Look at me—I’m resorting to all capitals to get my point across, a trick I abhor as a copyeditor. It just goes to show how angry I am whenever I encounter snark!

If you agree with me, sign the form below and post it on your bulletin board at work, school, home, church or on a telephone poll on the way to the grocery store. Encourage others to do the same.


I solemnly swear that I will do just that—not swear, or resort to unkind words or the verbal bullying of my fellow Internet inhabitants, my friends, family members, co-workers, strangers or other persons unknown—and that I will do my best to lessen the evil impact of all incidences of snark I encounter by encouraging good manners, constructive criticism and kindness to all parties involved.



Please leave a comment on this blog and tell me what plans or successes you’ve had in this campaign against rudeness. Together we can make this a better world!
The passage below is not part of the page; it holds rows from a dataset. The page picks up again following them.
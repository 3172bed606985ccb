-- ===== src/Mbim/Ends.antt =====
-- How the loop over the tables of a block ends in `cdc_mbim_rx_fixup` of
-- drivers/bus/mhi/mhi_net_mbim.c, and when it does not.
use mhi_for_quectel_modem.Base.{
  ℕ, zero, suc, ◌+◌, ◌%◌, ◌^◌, ◌≤◌, ◌<◌, Bool, true, not, ◌&&◌, ◌||◌, ltb, ◌==◌, none, some, List,
  [], ◌∷◌, length, get_elem?, Option-cases, Bool-cases, ◌≡◌, ◌≢◌, ◌⊎◌, inl, inr, refl, sym, ap, ◌∙◌,
  arith,
}
use mhi_for_quectel_modem.Mbim.{
  Signs, MbimCtx, Packet, Frames, next, error, overread, faulted, running, get16, get32, nth16_size,
  ndp16_size, frames, table, tables, is_session_0, rx_fixup,
}
use mhi_for_quectel_modem.Mbim.Slices.{dropped, short, passed, rx_fixup-Checked}

Frames-cases :
    (r : Frames)
    → ((c : List Packet) × (r ≡ next c)) ⊎ (((c : List Packet) × (r ≡ error c)) ⊎ (r ≡ overread))
Frames-cases (next c) = inl (c, refl)
Frames-cases (error c) = inr (inl (c, refl))
Frames-cases overread = inr (inr refl)

module _ (signs : Signs) (alloc : List Packet → ℕ → Bool) (rx_max : ℕ) (block : List ℕ) where
  -- The table at this place, if there is one for session 0, is the last, or the next one lies behind.
  abbrev pub leads_on : ℕ → Bool
  leads_on at = elim (get32 block at) [
    | none ↦ true
    | some sign ↦ elim (get16 block (at + 6)) [
      | none ↦ true
      | some n ↦ (n == 0) || ltb at n || not (is_session_0 signs alloc rx_max block sign)
    ]
  ]

  -- So it is throughout the block.
  abbrev pub forward_up_to : ℕ → Bool
  forward_up_to zero = true
  forward_up_to (suc at) = leads_on at && forward_up_to at

  abbrev pub is_forward : Bool
  is_forward = forward_up_to (length block)

  forward-leads_on : (at stop : ℕ) → forward_up_to stop ≡ true → at < stop → leads_on at ≡ true
  forward-leads_on at zero forward h = absurd (omega (arith, h))
  forward-leads_on at (suc stop) forward h =
      let here = forward-leads_on at stop in
      elim (Bool-cases (at == stop)) [
        | inl last ↦ ground (arith, last, forward, h)
        | inr other ↦ ground (arith, other, forward, h, here)
      ]

  table_within :
      (at : ℕ) (chain chain' : List Packet)
      → table signs alloc rx_max block at chain ≡ next chain'
      → at + ndp16_size ≤ length block
  unfolding table
  table_within at chain chain' h = ground (arith, h)

  table_next :
      (at n : ℕ) (chain chain' : List Packet)
      → is_forward ≡ true
      → table signs alloc rx_max block at chain ≡ next chain'
      → get16 block (at + 6) ≡ some n
      → (n ≡ 0) ⊎ (at < n)
  unfolding table
  table_next at n chain chain' forward h e =
      let within = table_within at chain chain' h in
      let leads = forward-leads_on at (length block) forward (omega (arith, within)) in
      elim (Option-cases (get32 block at)) [
        | inl e₁ ↦ absurd (ground (arith, h, e₁))
        | inr (sign, e₁) ↦ elim (Bool-cases (is_session_0 signs alloc rx_max block sign)) [
          | inr b ↦ absurd (ground (arith, h, e₁, b))
          | inl b ↦ elim (Bool-cases (n == 0)) [
            | inl last ↦ inl (ground (arith, last))
            | inr more ↦ inr (ground (arith, leads, e, e₁, b, more))
          ]
        ]
      ]

  tables-ends_zero :
      (fuel n : ℕ) (chain : List Packet)
      → n ≡ 0
      → tables signs alloc rx_max block fuel n chain ≢ running
  unfolding tables
  tables-ends_zero fuel zero chain h e = ground (arith, e)
  tables-ends_zero fuel (suc n) chain h e = absurd (omega arith)

  tables-ends :
      (fuel at : ℕ) (chain : List Packet)
      → is_forward ≡ true
      → 0 < fuel
      → length block < fuel + at
      → tables signs alloc rx_max block fuel at chain ≢ running
  unfolding tables
  tables-ends fuel zero chain forward pos enough e = ground (arith, e)
  tables-ends zero (suc at) chain forward pos enough e = absurd (omega arith)
  tables-ends (suc fuel) (suc at) chain forward pos enough e =
      elim (Frames-cases (table signs alloc rx_max block (suc at) chain)) [
        | inr (inl (c, t)) ↦ ground (arith, t, e)
        | inr (inr t) ↦ ground (arith, t, e)
        | inl (c, t) ↦ elim (Option-cases (get16 block (suc at + 6))) [
          | inl g ↦ ground (arith, t, g, e)
          | inr (n, g) ↦
              let within = table_within (suc at) chain c t in
              let e₁ : tables signs alloc rx_max block fuel n c ≡ running =
                ground (arith, t, g, e) in
              elim (table_next (suc at) n chain c forward t g) [
                | inl last ↦ tables-ends_zero fuel n c last e₁
                | inr ahead ↦
                    tables-ends fuel n c forward (omega (arith, within)) (omega (arith, ahead)) e₁
              ]
        ]
      ]

-- If no table of a block, at whatever place, is followed by itself or by one that lies before it, the loop over the tables
-- ends within one round more than the block has bytes.
pub rx_fixup-ends :
    (signs : Signs) (alloc : List Packet → ℕ → Bool) (ctx : MbimCtx) (block : List ℕ)
    → is_forward signs alloc ctx.rx_max block ≡ true
    → (rx_fixup signs alloc (length block + 1) ctx block).1 ≢ running
rx_fixup-ends signs alloc ctx block forward e =
    elim (rx_fixup-Checked signs alloc (length block + 1) ctx block) [
      | dropped e₁ ↦ ground (arith, e, e₁)
      | short e₁ ↦ ground (arith, e, e₁)
      | passed at e₁ ↦
          tables-ends signs alloc ctx.rx_max block (length block + 1) at [] forward (omega arith)
            (omega arith) (sym e₁ ∙ e)
    ]

-- A header that passes the checks, with the sequence number `seq` and its first table at `at`.
pub record IsHeader (signs : Signs) (ctx : MbimCtx) (block : List ℕ) (seq at : ℕ) : Type 0 where
  pub size : nth16_size + ndp16_size ≤ length block
  pub sign : get32 block 0 ≡ some signs.nth16
  pub len : ℕ
  pub block_length : get16 block 8 ≡ some len
  pub fits : len ≤ ctx.rx_max
  pub sequence : get16 block 6 ≡ some seq
  pub ndp : get16 block 10 ≡ some at

pub rx_fixup-tables :
    (signs : Signs) (alloc : List Packet → ℕ → Bool) (fuel : ℕ) (ctx : MbimCtx) (block : List ℕ)
    (seq at : ℕ)
    → IsHeader signs ctx block seq at
    → rx_fixup signs alloc fuel ctx block
      ≡ (record ctx { rx_seq = (seq + 1) % 2 ^ 16 }, tables signs alloc ctx.rx_max block fuel at [])
unfolding rx_fixup
rx_fixup-tables signs alloc fuel ctx block seq at h =
    ground (arith, h.size, h.sign, h.block_length, h.fits, h.sequence, h.ndp)

-- A table for session 0 that says that it has two entries.
pub record HasTable (signs : Signs) (block : List ℕ) (at : ℕ) : Type 0 where
  pub size : at + ndp16_size ≤ length block
  pub sign : ℕ
  pub signature : get32 block at ≡ some sign
  pub kind : sign ≡ signs.ips
  pub tag : sign < 2 ^ 24
  pub two : get16 block (at + 4) ≡ some 16

get_elem?-ge {ℓ} : {A : Type ℓ} (xs : List A) (i : ℕ) → length xs ≤ i → get_elem? xs i ≡ none
get_elem?-ge [] i h = refl
get_elem?-ge (x ∷ xs) zero h = absurd (omega arith)
get_elem?-ge (x ∷ xs) (suc i) h = get_elem?-ge xs i (omega arith)

module _ (signs : Signs) (alloc : List Packet → ℕ → Bool) (ctx : MbimCtx) (block : List ℕ)
    (seq at : ℕ) (header : IsHeader signs ctx block seq (suc at))
    (here : HasTable signs block (suc at)) where
  table-frames :
      (chain : List Packet)
      → 16 ≤ length block
      → table signs alloc ctx.rx_max block (suc at) chain
        ≡ frames signs alloc ctx.rx_max block 2 (suc at + ndp16_size) chain
  unfolding table
  table-frames chain h = ground (arith, here.size, here.signature, here.kind, here.tag, here.two, h)

  -- A first entry that is 0 ends the table, a table that ends the block is read too far.
  empty_table :
      (len : ℕ) (chain : List Packet)
      → get16 block (suc at + ndp16_size) ≡ some 0
      → get16 block (suc at + ndp16_size + 2) ≡ some len
      → frames signs alloc ctx.rx_max block 2 (suc at + ndp16_size) chain ≡ next chain
  unfolding frames
  empty_table len chain first second = ground (arith, first, second)

  cut_table :
      (chain : List Packet)
      → suc at + ndp16_size ≡ length block
      → frames signs alloc ctx.rx_max block 2 (suc at + ndp16_size) chain ≡ overread
  unfolding frames get16
  cut_table chain ends =
      ground (arith, get_elem?-ge block (suc at + ndp16_size) (omega (arith, ends)))

  tables-running :
      (fuel : ℕ) (chain : List Packet)
      → ((c : List Packet) → table signs alloc ctx.rx_max block (suc at) c ≡ next c)
      → get16 block (suc at + 6) ≡ some (suc at)
      → tables signs alloc ctx.rx_max block fuel (suc at) chain ≡ running
  unfolding tables
  tables-running zero chain step itself = refl
  tables-running (suc fuel) chain step itself =
      ground (arith, step chain, itself, tables-running fuel chain step itself)

  tables-faulted :
      (fuel : ℕ) (chain : List Packet)
      → table signs alloc ctx.rx_max block (suc at) chain ≡ overread
      → tables signs alloc ctx.rx_max block (suc fuel) (suc at) chain ≡ faulted
  unfolding tables
  tables-faulted fuel chain e = ground (arith, e)

  -- A block whose table, without entries, names itself as the next one: `cdc_mbim_rx_fixup` does not
  -- end, whatever the fuel.
  pub rx_fixup-runs_on :
      (len : ℕ)
      → get16 block (suc at + ndp16_size) ≡ some 0
      → get16 block (suc at + ndp16_size + 2) ≡ some len
      → get16 block (suc at + 6) ≡ some (suc at)
      → (fuel : ℕ) → (rx_fixup signs alloc fuel ctx block).1 ≡ running
  rx_fixup-runs_on len first second itself fuel =
      ap (λ r. r.1) (rx_fixup-tables signs alloc fuel ctx block seq (suc at) header)
      ∙ tables-running fuel []
          (λ c. table-frames c (omega (arith, header.size)) ∙ empty_table len c first second) itself

  -- A block that ends with the head of a table that says that it has entries: `cdc_mbim_rx_fixup`
  -- reads past the end of the block.
  pub rx_fixup-overread :
      (fuel : ℕ)
      → suc at + ndp16_size ≡ length block
      → (rx_fixup signs alloc (suc fuel) ctx block).1 ≡ faulted
  rx_fixup-overread fuel ends =
      ap (λ r. r.1) (rx_fixup-tables signs alloc (suc fuel) ctx block seq (suc at) header)
      ∙ tables-faulted fuel [] (table-frames [] (omega (arith, header.size)) ∙ cut_table [] ends)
Thank you, Cindy A. Matthews


hotcha12 said...



marybelle said...

I think sometimes people just DON'T think. They open their mouths just to be heard without any thought to the possible consequences. THINK people!!!

Anonymous said...

Cindy you are so right about politeness and manners have disappeared. But this started back in 1980 when my oldest child started school and I lost my identy! As a child I learned Manners, and to address adults as mame, mister, and miss and most important please & thank-you. It seems that forms of these thing have disappeared from the dictionary. For 20 yrs I had NO Last Name and suddenly instead of a last name when the children reached high school they started to refer to me by my first name! Maybe I am overly sensitive but where have manners and respect gone?

Cindy said...

Thanks for the comments so far... I'm with you Susan--whatever happened to simple good manners? I admit I'm not always the best at remembering my "please and thank yous", but when did it become "acceptable" to tear down people in the name of "fun"? Marybelle is right on the money--we're not THINKING before we act--talk, text, email, etc. If we slowed down before we responded, we might just realize that sometimes it's better not to respond if we can't think of anything polite to say.

Linda--have my anti-snark resolution and go for it all you want! ;)

Debby said...

I agree with you and have decided to post that.
debby236 at att dot net

Zo said...

Well, ladies, it seems to me that there are two insidious forces at work. One is the home/community level, which allows youngsters to grow up without learning the basics of civil behavior and the value of an apology. The other is the media (and yes, I do think they fairly deserve the hit for this), which allows anyone to say what they wish and seems to encourage the admiration of someone whose sole argument is "You're crazy/liberal/conservative/anti-American - fill in the blank". People who are experts in their fields or who make considered and careful responses to an issue are regularly ignored in favor of those who like to scream. Personally I would be in favor of passing around gag balls.

Cindy said...

Well said, Zo! Everything starts at home--especially learning good behavior and manners. So I realize that pointing a finger at the "snarkers" is really me pointing a finger at myself. I need to model good manners so others will, in turn, model them back. We need to get this message out to the world--but has the world become so jaded (and deafened by the screams)that all it pays attention to is the negativity of snark? Let's hope not.

Anonymous said...

It's sad when even your boss responds to your emails with snark.
and of course, I hesitate to respond in kind, because I don't know he might react to "in Kind"

Cindy said...

That is so sad (and stressful for you) that your boss sends snarky responses, Kat... I think your hesitation is a good thing, because it means you're THINKING and considering the negative consequences of replying with more negativity. One can only hope that if we respond in a positive, non-snarky manner to snark emails, eventually the other person will catch on that the snark isn't working and give it up. Good luck with your boss!